Honey is really laid back, but he has his diva moments...he's moulting really heavy right now, and I sit there every night just pulling chunks of fur off his back end. He loves it and will sit there for a good 15-20 minutes while I groom him. Then it comes time for me to pick up the fur, and I use my hand to scrape it up off the rug. He always grunts and makes as if to lunge at my hand while I move it back and forth. And it's not just then--if I move my hand back and forth on the ground at any point (once I was just doing it absent-mindedly), he'll grunt and lunge. Never actually has bitten me, but it always takes me by surprise.
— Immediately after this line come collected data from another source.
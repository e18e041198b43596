-- ===== src/Tests/Checks.antt =====
-- Alice, who rotated her keys once, writes a post under her old key, approves a member's new keys, and
-- is verified by Bob.
use undergroundbb.Base.{
  ◌≡◌, ◌⊎◌, refl, true, [], ◌∷◌, ◌++◌, none, some, Text, Bytes, List, codes, any, find, ◌===◌, ◌<<◌,
}
use undergroundbb.Wire.Decimal.{decimal}
use undergroundbb.Wire.Encoding.{
  uint32_be, append_length_prefixed, concat_onto, length_prefixed_concat, base64_to_bytes,
}
use undergroundbb.Wire.Compare.{bytes_equal}
use undergroundbb.Wire.Signature.{SigningContext, contextualize, verify}
use undergroundbb.Grant.Records.{Number, natural, fraction}
use undergroundbb.Grant.SortKey.{after, exactly, day_prefix, random_suffix, at_end}
use undergroundbb.History.Roster.{
  insert, sort, roster_digest, decode_sized, decode_roster, decode_entries,
}
use undergroundbb.History.Query.{superseded_on, current_on, last_link, since, signing_keys_on}
use undergroundbb.History.Build.{
  is_day, decode_change, change_payload, ends_at, follows, insert_change, sort_changes,
  check_change, build_link, build_links, build_own_key_history,
}
use undergroundbb.Pin.Evaluate.{is_utc_day}
use undergroundbb.Payloads.{safe_text, wrap_record_payload}
use undergroundbb.Tests.Toy.{toy, alice, bob, carol, alice_key, bob_key}
use undergroundbb.Tests.History.{change}
use undergroundbb.Checks.Items.{
  AuthorKeys, SignedItem, valid, sort_key_day, is_day_text, signed_under, decode_item, item_payload,
  judge_item, check_signed_item, check_post_signature, check_comment_signature,
}
use undergroundbb.Checks.Wraps.{
  WireWrapRecord, WrapInput, approved, decode_wrap, wrap_payload, judge_wrap, check_wrapper,
  check_named, check_wrap_record,
}
use undergroundbb.Checks.Evidence.{
  signed_rotation, same_bytes, is_next, decode_evidence, decode_all, judge_link,
  key_change_evidence,
}
use undergroundbb.Checks.Verification.{
  VerificationRecord, EvaluateVerificationInput, verified, compare_fingerprint, judge_verification,
  decode_verification, evaluate_verification,
}
use undergroundbb.Checks.ItemsSound.{
  IsAuthentic, IsSigningDay, check_post_signature_sound, check_comment_signature_sound,
}
use undergroundbb.Checks.WrapsSound.{
  IsAttested, IsEvidenceOf, check_wrap_record_sound, is_attestation,
}
use undergroundbb.Checks.WrapsThrow.{check_wrap_record_throws}
use undergroundbb.Checks.EvidenceSound.{IsSignedRotation, key_change_evidence_sound}
use undergroundbb.Checks.VerificationSound.{IsVerified, evaluate_verification_sound}

program : Unit {0}
unfolding toy build_own_key_history build_links build_link check_change sort_changes insert_change
    follows ends_at change_payload decode_change decode_sized decode_roster decode_entries
    roster_digest sort insert is_day day_prefix exactly after random_suffix at_end find any verify
    contextualize bytes_equal base64_to_bytes ◌<<◌ ◌===◌ decimal last_link since superseded_on
    current_on signing_keys_on length_prefixed_concat concat_onto append_length_prefixed uint32_be
    safe_text wrap_record_payload sort_key_day is_day_text signed_under decode_item item_payload
    judge_item check_signed_item check_post_signature check_comment_signature decode_wrap
    wrap_payload judge_wrap check_wrapper check_named check_wrap_record same_bytes is_next
    decode_evidence decode_all judge_link key_change_evidence compare_fingerprint judge_verification
    decode_verification evaluate_verification is_utc_day is_attestation
program = tt

abbrev keys : AuthorKeys
keys = record { signing_public_key = bob_key; key_changes = change ∷ [] }

-- Filed before the rotation, and signed with the key of that time.
abbrev post : SignedItem
post = record {
  group_id = codes "group";
  author_user_id = alice;
  sort_key = codes "POST#2024-02-10#0123456789abcdef";
  generation = 3;
  ciphertext = codes "hello";
  signature = alice_key;
}

post_valid : check_post_signature toy post none (some keys) ≡ valid
unfolding program
post_valid = refl

check_post_signature_sound_example :
    (author : AuthorKeys) × (day : Text) × (some keys ≡ some author)
    × IsSigningDay post none day
    × IsAuthentic toy SigningContext.post day post author
check_post_signature_sound_example = check_post_signature_sound toy post none (some keys) post_valid

abbrev path : Text
path = codes "0123456789abcdef"

comment_valid : check_comment_signature toy path post (codes "2024-02-11") (some keys) ≡ valid
unfolding program
comment_valid = refl

check_comment_signature_sound_example :
    (is_day_text (codes "2024-02-11") ≡ true)
    × (author : AuthorKeys) × (some keys ≡ some author)
    × IsAuthentic toy SigningContext.comment
        (codes "2024-02-11")
        (record post { sort_key = codes "CMT#" ++ path })
        author
check_comment_signature_sound_example =
    check_comment_signature_sound toy path post (codes "2024-02-11") (some keys) comment_valid

abbrev wrap : WireWrapRecord
wrap = record {
  wrapper_user_id = alice;
  reason = codes "approval";
  day = codes "2024-03-02";
  signature = bob_key;
}

abbrev entry : WrapInput
entry = record {
  group_id = codes "group";
  member_user_id = carol;
  generation = natural 3;
  wrap_epoch = some (natural 1);
  wrap_record = some wrap;
  wrapper = some keys;
}

entry_attested : check_wrap_record toy entry ≡ some (approved alice)
unfolding program
entry_attested = refl

attests : is_attestation (approved alice) ≡ true
unfolding program
attests = refl

check_wrap_record_sound_example :
    (r : WireWrapRecord) × (some wrap ≡ some r)
    × IsAttested toy entry r
    × IsEvidenceOf entry r (approved alice)
check_wrap_record_sound_example =
    check_wrap_record_sound toy entry (approved alice) entry_attested attests

-- The same record at an epoch that is not an integer: it throws.
abbrev half : WrapInput
half = record entry { wrap_epoch = some fraction }

half_throws : check_wrap_record toy half ≡ none
unfolding program
half_throws = refl

check_wrap_record_throws_example :
    (epoch : Number) × (some fraction ≡ some epoch)
    × ((safe_text (natural 3) ≡ none) ⊎ (safe_text epoch ≡ none))
check_wrap_record_throws_example = check_wrap_record_throws toy half half_throws

rotated : key_change_evidence toy alice (alice_key ∷ []) 0 bob_key (change ∷ []) ≡ signed_rotation
unfolding program
rotated = refl

key_change_evidence_sound_example :
    (current : Bytes) × (pinned : List Bytes) × (decode_evidence toy bob_key (alice_key ∷ [])
      ≡ some (current, pinned))
    × IsSignedRotation toy alice (change ∷ []) 0 current pinned
key_change_evidence_sound_example =
    key_change_evidence_sound toy alice (alice_key ∷ []) 0 bob_key (change ∷ []) rotated

abbrev compared : EvaluateVerificationInput
compared = record {
  verifier_user_id = bob;
  verifier_signing_public_key = bob_key;
  verifier_history = none;
  verified_user_id = alice;
  stored = some (record {
    verified_user_id = alice;
    fingerprint = codes "12345";
    verifier_signing_public_key = bob_key;
    signature = bob_key;
    signed_day = codes "2024-03-01";
  });
  served_fingerprint = some (codes "12345");
}

compared_verified : evaluate_verification toy compared ≡ verified
unfolding program
compared_verified = refl

evaluate_verification_sound_example : (r : VerificationRecord) × IsVerified toy compared r
evaluate_verification_sound_example = evaluate_verification_sound toy compared compared_verified
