-- ===== src/Tests/Circular.antt =====
-- Two rows and a designation on which the verifier does not come to an end.
use undergroundbb.Wire.Encoding.{base64_to_bytes, decode}
use undergroundbb.Grant.Keys.{day_ms}
use undergroundbb.Grant.Verify.{period_in_range, verify_grant_chain}
use undergroundbb.Grant.SortKey.{
  tagged_key, random_suffix, exactly, day_prefix, after, parse_designation_key, parse_sort_key,
}
use undergroundbb.Base.{arith, ◌===◌, ◌*◌, ◌++◌, ◌≡◌, refl, [], ◌∷◌, none, some, codes}
use undergroundbb.Grant.Circular.{IsCircular, circular_rows_overflow}
use undergroundbb.Grant.Records.{GrantRecord, DesignationRecord, GrantChainInput, natural}
use undergroundbb.Tests.Toy.{
  histories, anchor, toy, alice, bob, bob_key, alice_key, grant_key, apart,
}

abbrev early_claim : GrantRecord
early_claim = record {
  sort_key = grant_key bob (codes "2024-01-01");
  subject_user_id = bob;
  granted_role = codes "admin";
  grantor_user_id = alice;
  grantor_signing_public_key = none;
  grantor_grant_ref = some (grant_key alice (codes "2024-01-02"));
  via_designation = some (codes "DESIGNATION#" ++ (alice ++ codes "#2024-02-01#0123456789abcdef"));
  signature = bob_key;
}

abbrev raised : GrantRecord
raised = record {
  sort_key = grant_key alice (codes "2024-01-02");
  subject_user_id = alice;
  granted_role = codes "admin";
  grantor_user_id = bob;
  grantor_signing_public_key = none;
  grantor_grant_ref = some early_claim.sort_key;
  via_designation = none;
  signature = bob_key;
}

abbrev later_designation : DesignationRecord
later_designation = record {
  sort_key = codes "DESIGNATION#" ++ (alice ++ codes "#2024-02-01#0123456789abcdef");
  admin_user_id = alice;
  successor_user_id = some bob;
  period_days = natural 30;
  admin_grant_ref = raised.sort_key;
  signature = alice_key;
}

abbrev circular : GrantChainInput
circular = record {
  group_id = codes "group";
  anchor = anchor;
  pinned_anchor = none;
  grants = early_claim ∷ raised ∷ [];
  key_histories = histories;
  designations = some (later_designation ∷ []);
  now = none;
}

bob_day :
    parse_sort_key toy early_claim.sort_key ≡ some (record { subject = bob; day = 752960 * day_ms })
unfolding parse_sort_key parse_designation_key ◌===◌ after day_prefix exactly random_suffix
    tagged_key decode base64_to_bytes period_in_range toy
bob_day = refl

alice_day :
    parse_sort_key toy raised.sort_key ≡ some (record { subject = alice; day = 752961 * day_ms })
unfolding parse_sort_key parse_designation_key ◌===◌ after day_prefix exactly random_suffix
    tagged_key decode base64_to_bytes period_in_range toy
alice_day = refl

later_day :
    parse_designation_key toy later_designation.sort_key
    ≡ some (record { subject = alice; day = 752991 * day_ms })
unfolding parse_sort_key parse_designation_key ◌===◌ after day_prefix exactly random_suffix
    tagged_key decode base64_to_bytes period_in_range toy
later_day = refl

readable :
    (decode toy (some bob_key) ≡ some bob_key) × (decode toy (some alice_key) ≡ some alice_key)
unfolding parse_sort_key parse_designation_key ◌===◌ after day_prefix exactly random_suffix
    tagged_key decode base64_to_bytes period_in_range toy
readable = (refl, refl)

is_circular :
    IsCircular toy circular early_claim raised later_designation
      (752960 * day_ms)
      (752961 * day_ms)
      (752991 * day_ms)
unfolding parse_sort_key parse_designation_key ◌===◌ after day_prefix exactly random_suffix
    tagged_key decode base64_to_bytes period_in_range toy
is_circular = record {
  grants = refl;
  designations = refl;
  claim_readable = record { parses = bob_day; sig = bob_key; decodes = readable.0; admin = refl };
  grant_readable = record { parses = alice_day; sig = bob_key; decodes = readable.0; admin = refl };
  d_parses = later_day;
  d_sig = alice_key;
  d_decodes = readable.1;
  d_period = refl;
  days_in_order = (omega arith, omega arith);
  keys_differ = apart early_claim.sort_key raised.sort_key refl;
  via = refl;
  d_key_written = apart later_designation.sort_key [] refl;
  no_via = refl;
  not_root = apart raised.sort_key anchor.root_grant_sort_key refl;
  to_admin = refl;
  by_claimant = refl;
  claimant_other = apart bob alice refl;
  admin_ref = refl;
  grant_key_written = apart raised.sort_key [] refl;
  claim_key_written = apart early_claim.sort_key [] refl;
  grantor_ref = refl;
}

circular_rows_overflow_example : verify_grant_chain toy 1000 circular ≡ none
circular_rows_overflow_example =
    circular_rows_overflow toy circular early_claim raised later_designation (752960 * day_ms)
      (752961 * day_ms) (752991 * day_ms) is_circular 1000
I almost think it's a "Your hand should be petting me!" thing, but I don't know if he could see it as a threat, as well...I usually feed him at night after I groom him so he'll be busy with food while I pick up his fur, but I was curious if anyone else has a rabbit that reacts that way to that specific hand movement. He has other quirks that make him grumpy that I know the reasons for, but this one just confuses me :confused1:

And obviously I love him anyway :001_wub:


----------



## hazyreality (Jan 11, 2009)

I wonder if he sees the movement as a threat? Thats what I would imagine it was. As to why he thinks its a threat, I dont know. Does he have the same reaction to a dustpan or brush or anything like that?

*Heidi*


----------



## Grace_Lily (Nov 28, 2010)

My Dutch rabbit Smokey and my sister's Dutch rabbit Lottie both do this if you clean out their cages while they're still in them. I always try and pop them somewhere else now, don't want to stress them out unnecessarily.


----------



## daisyboo (May 19, 2009)

my rabbit does this with the hoover!


----------



## Adam942 (Sep 22, 2011)

My Chloe (RIP) used to absolutely go crazy if i was lay on my bed with my feet hanging over the side. She would stand underneath the offending feet and thump like crazy until i pulled them onto the bed. Never figured out why it bothered her so much!


----------



## labyrinth001 (Aug 6, 2011)

hazyreality said:


> I wonder if he sees the movement as a threat? Thats what I would imagine it was. As to why he thinks its a threat, I dont know. Does he have the same reaction to a dustpan or brush or anything like that?
> 
> *Heidi*


He's never seen a dustpan or broom as he's always either in my room (with rug) or outside in an xpen. But I have heard of rabbits attacking brooms, so maybe it's something similar. It's crazy how he goes from completely content to completely peeved in two seconds, though--he gets the grumpiest look on his face and just lunges/grunts like crazy.


----------



## labyrinth001 (Aug 6, 2011)

Grace_Lily said:


> My Dutch rabbit Smokey and my sister's Dutch rabbit Lottie both do this if you clean out their cages while they're still in them. I always try and pop them somewhere else now, don't want to stress them out unnecessarily.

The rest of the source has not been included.